(WORKING DATA Opens)
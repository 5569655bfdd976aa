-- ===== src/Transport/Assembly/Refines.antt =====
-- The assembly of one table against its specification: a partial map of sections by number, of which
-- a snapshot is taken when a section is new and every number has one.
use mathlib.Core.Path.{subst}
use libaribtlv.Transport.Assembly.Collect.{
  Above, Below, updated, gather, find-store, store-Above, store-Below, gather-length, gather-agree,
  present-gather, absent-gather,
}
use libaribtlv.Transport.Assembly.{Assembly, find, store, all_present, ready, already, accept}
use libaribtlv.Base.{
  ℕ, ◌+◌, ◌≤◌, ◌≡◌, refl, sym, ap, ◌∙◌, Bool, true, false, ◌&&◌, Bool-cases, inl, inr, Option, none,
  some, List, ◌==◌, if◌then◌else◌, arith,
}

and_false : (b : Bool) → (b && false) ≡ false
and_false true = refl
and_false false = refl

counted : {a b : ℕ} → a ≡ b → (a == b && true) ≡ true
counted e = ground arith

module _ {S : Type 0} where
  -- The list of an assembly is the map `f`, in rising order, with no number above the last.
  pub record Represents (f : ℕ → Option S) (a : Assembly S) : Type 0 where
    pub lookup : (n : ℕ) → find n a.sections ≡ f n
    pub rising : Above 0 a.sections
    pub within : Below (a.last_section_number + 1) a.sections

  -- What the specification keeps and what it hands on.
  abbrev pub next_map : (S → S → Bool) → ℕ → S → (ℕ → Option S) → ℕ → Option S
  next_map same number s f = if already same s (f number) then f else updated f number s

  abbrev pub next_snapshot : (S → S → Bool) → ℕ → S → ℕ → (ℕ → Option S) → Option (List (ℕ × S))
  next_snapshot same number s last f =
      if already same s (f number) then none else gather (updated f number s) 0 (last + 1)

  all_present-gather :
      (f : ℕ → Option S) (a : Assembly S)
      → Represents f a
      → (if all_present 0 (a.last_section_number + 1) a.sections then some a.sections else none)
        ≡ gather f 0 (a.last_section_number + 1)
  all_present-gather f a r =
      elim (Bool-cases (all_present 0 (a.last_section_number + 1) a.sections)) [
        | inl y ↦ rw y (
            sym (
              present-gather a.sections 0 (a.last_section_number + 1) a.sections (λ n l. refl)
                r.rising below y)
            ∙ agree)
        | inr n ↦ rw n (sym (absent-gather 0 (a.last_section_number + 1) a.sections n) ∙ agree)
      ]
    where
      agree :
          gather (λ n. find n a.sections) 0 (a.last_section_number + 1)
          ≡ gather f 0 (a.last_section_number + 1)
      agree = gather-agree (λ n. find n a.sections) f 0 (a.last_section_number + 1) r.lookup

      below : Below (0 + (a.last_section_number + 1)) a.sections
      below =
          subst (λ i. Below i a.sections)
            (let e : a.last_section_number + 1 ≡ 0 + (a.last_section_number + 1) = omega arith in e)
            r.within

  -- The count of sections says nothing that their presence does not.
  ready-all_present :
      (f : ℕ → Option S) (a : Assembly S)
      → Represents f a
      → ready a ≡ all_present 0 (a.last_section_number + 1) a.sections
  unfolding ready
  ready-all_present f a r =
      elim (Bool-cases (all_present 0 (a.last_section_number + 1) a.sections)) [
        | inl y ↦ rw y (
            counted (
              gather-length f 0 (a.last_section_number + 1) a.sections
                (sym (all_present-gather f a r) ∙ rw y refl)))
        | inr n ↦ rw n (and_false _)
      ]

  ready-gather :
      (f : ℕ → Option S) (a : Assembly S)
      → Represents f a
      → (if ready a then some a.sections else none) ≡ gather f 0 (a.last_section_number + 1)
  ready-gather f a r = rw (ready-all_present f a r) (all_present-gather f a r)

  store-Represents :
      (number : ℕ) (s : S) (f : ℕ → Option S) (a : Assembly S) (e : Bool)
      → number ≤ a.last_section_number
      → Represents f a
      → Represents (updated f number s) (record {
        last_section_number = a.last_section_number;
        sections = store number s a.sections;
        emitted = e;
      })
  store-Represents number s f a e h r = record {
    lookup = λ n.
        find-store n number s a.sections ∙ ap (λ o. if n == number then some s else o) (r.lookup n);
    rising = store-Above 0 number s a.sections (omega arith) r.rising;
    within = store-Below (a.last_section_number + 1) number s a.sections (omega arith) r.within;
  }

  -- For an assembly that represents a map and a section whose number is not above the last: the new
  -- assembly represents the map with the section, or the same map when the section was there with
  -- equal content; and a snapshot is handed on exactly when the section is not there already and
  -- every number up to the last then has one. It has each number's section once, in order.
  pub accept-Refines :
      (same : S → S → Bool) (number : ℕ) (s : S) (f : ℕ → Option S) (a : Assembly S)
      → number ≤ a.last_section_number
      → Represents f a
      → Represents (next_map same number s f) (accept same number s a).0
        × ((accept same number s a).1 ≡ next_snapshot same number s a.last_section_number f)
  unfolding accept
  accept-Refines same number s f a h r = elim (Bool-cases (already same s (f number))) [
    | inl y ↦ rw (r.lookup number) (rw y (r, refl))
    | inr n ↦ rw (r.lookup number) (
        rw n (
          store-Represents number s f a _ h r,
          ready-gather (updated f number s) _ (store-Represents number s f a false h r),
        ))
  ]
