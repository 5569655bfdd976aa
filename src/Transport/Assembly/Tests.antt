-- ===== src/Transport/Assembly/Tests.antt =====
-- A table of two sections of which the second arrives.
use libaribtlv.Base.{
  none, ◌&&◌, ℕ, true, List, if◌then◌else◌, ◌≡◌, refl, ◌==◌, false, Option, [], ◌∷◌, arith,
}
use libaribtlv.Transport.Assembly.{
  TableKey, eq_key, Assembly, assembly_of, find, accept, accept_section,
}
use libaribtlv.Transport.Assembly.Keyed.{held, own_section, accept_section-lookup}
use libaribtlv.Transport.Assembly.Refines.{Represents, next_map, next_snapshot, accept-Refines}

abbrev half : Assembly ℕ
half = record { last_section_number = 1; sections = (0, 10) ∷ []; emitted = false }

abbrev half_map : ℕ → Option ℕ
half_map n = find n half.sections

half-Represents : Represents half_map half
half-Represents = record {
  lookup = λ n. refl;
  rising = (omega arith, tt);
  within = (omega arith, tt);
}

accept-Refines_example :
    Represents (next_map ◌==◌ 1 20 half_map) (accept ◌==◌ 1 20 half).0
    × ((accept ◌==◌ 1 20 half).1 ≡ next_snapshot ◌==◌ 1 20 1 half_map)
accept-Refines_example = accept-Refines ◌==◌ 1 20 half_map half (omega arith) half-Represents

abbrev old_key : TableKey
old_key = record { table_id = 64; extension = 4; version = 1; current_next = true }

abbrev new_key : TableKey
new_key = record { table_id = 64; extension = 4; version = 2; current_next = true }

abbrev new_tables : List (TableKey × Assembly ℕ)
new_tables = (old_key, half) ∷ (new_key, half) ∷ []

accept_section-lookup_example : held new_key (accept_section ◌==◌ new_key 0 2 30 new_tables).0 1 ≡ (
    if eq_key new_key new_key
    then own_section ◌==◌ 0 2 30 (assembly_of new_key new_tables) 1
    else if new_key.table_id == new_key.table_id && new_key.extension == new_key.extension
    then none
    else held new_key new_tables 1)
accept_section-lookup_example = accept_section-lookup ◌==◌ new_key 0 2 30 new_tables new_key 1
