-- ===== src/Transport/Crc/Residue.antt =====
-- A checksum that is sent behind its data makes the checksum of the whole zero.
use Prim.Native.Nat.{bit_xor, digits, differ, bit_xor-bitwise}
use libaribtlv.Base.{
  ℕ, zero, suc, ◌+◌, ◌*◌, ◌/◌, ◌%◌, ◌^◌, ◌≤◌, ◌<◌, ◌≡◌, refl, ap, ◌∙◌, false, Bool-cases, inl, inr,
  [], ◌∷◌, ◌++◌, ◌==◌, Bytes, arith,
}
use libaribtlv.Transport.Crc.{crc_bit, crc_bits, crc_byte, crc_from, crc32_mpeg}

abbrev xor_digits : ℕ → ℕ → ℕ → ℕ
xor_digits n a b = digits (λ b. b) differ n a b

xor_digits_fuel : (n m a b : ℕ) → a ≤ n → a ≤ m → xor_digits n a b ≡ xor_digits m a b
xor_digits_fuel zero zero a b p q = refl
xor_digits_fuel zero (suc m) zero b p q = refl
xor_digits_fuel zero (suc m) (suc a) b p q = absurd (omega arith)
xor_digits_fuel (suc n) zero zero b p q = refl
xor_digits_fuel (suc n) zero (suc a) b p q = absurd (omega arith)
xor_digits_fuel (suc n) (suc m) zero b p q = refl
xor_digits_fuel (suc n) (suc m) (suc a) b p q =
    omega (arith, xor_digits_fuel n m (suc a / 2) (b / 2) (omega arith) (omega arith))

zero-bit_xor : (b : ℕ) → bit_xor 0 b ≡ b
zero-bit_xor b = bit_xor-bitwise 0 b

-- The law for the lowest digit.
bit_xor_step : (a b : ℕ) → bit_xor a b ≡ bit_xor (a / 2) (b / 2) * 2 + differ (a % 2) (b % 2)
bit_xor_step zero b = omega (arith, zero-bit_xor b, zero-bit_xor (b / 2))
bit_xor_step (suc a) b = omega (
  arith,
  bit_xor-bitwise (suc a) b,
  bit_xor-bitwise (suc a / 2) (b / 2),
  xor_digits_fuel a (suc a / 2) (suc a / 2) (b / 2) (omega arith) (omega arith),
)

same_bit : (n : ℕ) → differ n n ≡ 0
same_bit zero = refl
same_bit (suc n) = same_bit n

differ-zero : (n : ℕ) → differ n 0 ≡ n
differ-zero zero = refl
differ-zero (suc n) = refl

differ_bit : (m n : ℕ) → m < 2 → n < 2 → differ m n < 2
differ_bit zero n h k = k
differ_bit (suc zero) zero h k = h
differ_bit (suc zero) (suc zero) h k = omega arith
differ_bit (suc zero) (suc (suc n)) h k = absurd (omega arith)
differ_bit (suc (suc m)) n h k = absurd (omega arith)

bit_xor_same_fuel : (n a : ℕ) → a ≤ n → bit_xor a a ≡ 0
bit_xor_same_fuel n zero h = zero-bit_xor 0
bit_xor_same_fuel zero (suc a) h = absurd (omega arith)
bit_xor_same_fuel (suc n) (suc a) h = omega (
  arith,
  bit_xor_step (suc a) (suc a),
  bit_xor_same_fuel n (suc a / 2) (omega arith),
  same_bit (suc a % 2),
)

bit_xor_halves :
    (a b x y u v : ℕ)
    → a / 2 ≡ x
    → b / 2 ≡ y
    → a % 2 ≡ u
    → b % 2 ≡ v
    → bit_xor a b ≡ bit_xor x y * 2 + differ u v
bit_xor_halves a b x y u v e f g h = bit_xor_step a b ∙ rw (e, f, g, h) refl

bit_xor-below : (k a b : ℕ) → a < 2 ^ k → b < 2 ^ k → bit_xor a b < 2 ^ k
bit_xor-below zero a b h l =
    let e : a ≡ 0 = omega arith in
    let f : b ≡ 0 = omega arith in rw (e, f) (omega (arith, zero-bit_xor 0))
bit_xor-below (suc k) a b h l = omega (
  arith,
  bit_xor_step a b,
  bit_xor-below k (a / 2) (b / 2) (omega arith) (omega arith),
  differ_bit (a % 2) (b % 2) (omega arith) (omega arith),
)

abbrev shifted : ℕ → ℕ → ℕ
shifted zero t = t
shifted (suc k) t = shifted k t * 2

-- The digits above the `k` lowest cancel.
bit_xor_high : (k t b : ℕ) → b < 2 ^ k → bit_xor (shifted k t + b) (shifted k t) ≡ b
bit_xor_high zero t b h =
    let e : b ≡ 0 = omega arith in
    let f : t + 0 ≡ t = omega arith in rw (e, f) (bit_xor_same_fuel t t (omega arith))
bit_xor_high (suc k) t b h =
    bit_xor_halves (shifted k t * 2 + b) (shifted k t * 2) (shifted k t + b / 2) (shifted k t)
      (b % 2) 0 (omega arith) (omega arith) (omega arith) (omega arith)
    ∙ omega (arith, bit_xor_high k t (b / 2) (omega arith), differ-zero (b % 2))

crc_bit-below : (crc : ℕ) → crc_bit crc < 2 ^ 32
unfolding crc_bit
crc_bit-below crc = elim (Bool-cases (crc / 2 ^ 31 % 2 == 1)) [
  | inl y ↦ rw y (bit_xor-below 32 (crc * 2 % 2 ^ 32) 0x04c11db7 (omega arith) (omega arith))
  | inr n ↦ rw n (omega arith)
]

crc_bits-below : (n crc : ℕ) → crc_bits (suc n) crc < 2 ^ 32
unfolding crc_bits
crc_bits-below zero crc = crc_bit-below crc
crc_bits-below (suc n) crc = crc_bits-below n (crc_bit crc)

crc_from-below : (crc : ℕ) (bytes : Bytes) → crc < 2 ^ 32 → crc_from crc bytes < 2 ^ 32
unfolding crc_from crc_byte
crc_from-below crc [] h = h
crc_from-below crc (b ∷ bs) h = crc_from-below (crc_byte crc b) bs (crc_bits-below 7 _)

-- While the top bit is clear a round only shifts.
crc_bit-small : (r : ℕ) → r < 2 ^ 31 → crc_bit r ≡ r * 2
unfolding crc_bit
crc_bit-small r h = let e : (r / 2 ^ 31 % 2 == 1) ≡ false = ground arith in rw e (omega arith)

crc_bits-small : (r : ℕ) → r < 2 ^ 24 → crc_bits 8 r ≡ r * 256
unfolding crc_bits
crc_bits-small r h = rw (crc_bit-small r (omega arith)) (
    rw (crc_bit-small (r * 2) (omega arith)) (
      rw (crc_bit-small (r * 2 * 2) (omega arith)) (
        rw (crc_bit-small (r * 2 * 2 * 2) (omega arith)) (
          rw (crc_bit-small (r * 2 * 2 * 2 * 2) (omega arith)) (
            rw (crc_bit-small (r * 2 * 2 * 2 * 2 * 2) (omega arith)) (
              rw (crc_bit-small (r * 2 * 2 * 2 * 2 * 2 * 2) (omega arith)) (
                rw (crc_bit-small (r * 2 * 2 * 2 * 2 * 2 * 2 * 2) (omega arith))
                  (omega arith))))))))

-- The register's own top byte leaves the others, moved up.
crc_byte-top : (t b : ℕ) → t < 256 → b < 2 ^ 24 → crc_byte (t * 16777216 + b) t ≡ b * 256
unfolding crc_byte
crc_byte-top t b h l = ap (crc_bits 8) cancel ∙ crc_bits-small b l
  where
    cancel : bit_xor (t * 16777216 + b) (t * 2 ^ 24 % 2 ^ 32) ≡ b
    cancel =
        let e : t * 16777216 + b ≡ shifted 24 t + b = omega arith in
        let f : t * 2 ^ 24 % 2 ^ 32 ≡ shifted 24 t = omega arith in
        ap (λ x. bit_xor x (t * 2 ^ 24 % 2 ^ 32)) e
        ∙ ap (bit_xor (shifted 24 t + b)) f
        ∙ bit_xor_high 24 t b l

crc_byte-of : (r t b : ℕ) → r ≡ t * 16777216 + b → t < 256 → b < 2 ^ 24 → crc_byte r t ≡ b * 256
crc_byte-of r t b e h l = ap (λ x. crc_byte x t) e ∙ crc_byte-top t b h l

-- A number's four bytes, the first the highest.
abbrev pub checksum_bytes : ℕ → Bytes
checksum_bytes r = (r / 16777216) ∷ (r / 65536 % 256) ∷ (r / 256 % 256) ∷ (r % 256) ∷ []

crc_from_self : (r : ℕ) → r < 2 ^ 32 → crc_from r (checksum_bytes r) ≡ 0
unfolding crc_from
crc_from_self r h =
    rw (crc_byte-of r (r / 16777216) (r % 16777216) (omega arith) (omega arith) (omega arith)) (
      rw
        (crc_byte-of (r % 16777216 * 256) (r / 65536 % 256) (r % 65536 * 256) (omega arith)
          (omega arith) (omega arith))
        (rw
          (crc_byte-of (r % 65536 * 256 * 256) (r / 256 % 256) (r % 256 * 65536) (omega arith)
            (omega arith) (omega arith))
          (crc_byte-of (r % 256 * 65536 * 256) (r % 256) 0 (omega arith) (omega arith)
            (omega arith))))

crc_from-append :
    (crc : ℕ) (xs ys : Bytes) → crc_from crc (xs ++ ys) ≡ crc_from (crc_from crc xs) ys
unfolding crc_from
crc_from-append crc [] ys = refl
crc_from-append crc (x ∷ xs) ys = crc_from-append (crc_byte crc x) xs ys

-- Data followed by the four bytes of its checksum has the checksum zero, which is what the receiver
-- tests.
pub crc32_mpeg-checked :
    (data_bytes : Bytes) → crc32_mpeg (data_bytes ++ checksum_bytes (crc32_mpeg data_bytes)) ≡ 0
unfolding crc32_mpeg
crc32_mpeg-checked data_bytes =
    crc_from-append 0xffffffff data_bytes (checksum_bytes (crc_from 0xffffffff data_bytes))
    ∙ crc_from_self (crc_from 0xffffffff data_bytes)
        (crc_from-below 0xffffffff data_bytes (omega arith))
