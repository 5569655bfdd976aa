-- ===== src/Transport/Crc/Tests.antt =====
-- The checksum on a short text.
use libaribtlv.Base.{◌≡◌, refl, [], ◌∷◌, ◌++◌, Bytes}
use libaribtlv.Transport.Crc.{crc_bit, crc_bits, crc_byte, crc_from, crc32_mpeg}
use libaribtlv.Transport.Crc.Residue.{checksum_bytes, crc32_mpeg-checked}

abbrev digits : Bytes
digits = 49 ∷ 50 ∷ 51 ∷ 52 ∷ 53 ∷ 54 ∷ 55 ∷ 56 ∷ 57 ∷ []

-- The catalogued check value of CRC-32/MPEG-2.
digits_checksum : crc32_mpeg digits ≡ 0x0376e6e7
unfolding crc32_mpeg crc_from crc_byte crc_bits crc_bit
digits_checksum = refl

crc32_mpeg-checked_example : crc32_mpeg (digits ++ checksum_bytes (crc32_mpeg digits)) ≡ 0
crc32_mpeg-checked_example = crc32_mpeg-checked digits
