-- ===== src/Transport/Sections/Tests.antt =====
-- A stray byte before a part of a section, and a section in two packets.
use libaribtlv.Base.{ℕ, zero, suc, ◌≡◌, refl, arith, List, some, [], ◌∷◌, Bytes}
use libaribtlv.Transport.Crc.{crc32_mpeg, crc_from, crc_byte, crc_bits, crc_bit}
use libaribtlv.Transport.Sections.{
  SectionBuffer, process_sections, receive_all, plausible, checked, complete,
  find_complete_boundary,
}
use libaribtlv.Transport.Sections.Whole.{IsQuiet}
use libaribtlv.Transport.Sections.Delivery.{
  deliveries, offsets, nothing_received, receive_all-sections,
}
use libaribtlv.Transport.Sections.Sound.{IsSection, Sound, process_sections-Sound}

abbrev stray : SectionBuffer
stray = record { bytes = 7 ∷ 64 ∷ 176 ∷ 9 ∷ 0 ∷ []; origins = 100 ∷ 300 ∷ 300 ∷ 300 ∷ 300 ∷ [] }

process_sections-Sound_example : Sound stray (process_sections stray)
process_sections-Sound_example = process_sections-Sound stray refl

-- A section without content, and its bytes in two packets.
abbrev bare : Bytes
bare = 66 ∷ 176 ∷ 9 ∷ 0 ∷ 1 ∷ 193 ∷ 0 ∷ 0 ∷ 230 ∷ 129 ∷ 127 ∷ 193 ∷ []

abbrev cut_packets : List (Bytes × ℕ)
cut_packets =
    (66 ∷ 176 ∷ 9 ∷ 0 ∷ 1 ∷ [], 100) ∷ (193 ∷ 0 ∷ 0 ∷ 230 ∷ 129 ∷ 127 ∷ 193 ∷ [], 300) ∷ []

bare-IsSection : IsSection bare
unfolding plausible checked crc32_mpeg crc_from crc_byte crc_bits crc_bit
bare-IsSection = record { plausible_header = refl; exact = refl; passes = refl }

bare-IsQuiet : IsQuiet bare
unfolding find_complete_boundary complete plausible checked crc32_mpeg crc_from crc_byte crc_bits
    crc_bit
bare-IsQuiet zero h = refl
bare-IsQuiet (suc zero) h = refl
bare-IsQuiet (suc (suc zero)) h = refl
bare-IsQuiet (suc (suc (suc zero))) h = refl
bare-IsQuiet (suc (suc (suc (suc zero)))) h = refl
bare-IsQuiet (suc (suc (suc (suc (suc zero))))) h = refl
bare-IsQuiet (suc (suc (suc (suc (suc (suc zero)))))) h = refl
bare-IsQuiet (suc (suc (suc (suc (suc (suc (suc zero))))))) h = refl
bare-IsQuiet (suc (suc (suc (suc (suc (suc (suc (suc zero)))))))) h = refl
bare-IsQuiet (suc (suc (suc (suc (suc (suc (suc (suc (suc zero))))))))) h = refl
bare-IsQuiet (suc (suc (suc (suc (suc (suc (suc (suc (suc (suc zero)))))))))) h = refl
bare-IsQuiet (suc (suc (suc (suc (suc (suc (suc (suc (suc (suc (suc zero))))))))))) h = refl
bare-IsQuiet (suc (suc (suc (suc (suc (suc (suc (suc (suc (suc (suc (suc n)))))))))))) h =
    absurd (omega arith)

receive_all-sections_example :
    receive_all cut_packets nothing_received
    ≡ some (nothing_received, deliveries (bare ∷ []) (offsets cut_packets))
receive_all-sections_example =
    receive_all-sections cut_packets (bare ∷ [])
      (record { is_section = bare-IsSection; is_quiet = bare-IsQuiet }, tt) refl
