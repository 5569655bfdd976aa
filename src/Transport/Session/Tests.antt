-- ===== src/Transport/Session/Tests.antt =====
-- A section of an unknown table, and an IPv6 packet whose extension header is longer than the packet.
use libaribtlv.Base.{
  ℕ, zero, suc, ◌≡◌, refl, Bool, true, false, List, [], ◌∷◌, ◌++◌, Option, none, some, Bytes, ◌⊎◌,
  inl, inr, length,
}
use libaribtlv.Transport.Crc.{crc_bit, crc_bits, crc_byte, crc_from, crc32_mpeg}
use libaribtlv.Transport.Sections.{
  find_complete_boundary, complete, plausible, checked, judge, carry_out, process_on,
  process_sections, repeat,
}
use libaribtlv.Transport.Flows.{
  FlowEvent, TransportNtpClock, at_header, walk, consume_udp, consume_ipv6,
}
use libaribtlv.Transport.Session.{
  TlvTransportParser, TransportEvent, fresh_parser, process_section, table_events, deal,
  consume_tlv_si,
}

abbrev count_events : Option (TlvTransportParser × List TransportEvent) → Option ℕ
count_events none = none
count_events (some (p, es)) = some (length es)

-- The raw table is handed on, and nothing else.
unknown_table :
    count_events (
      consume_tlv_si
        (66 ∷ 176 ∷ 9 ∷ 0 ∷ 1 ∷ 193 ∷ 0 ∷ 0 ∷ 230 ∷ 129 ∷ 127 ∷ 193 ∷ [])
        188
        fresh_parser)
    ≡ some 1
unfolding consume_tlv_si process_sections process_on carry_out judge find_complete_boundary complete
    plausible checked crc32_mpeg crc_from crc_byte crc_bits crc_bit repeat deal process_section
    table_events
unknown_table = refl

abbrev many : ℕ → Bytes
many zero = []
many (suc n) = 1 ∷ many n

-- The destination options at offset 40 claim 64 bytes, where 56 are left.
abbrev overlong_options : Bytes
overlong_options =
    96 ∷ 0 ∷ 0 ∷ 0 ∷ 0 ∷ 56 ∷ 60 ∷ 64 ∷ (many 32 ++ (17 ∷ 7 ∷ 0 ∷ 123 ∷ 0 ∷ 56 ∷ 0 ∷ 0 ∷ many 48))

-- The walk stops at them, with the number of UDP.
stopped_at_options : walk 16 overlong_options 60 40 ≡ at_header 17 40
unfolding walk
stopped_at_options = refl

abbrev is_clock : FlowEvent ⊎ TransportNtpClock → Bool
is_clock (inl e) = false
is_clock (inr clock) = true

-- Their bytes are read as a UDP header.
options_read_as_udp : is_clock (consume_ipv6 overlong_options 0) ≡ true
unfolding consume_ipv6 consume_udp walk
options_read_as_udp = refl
(WORKING DATA Closes)
YOUR OBJECTIVE
Find the word "length" in the data and show each line that holds it.

RESPONSE TO THE EXERCISE
  Above, Below, updated, gather, find-store, store-Above, store-Below, gather-length, gather-agree,
              gather-length f 0 (a.last_section_number + 1) a.sections
  inl, inr, length,
count_events (some (p, es)) = some (length es)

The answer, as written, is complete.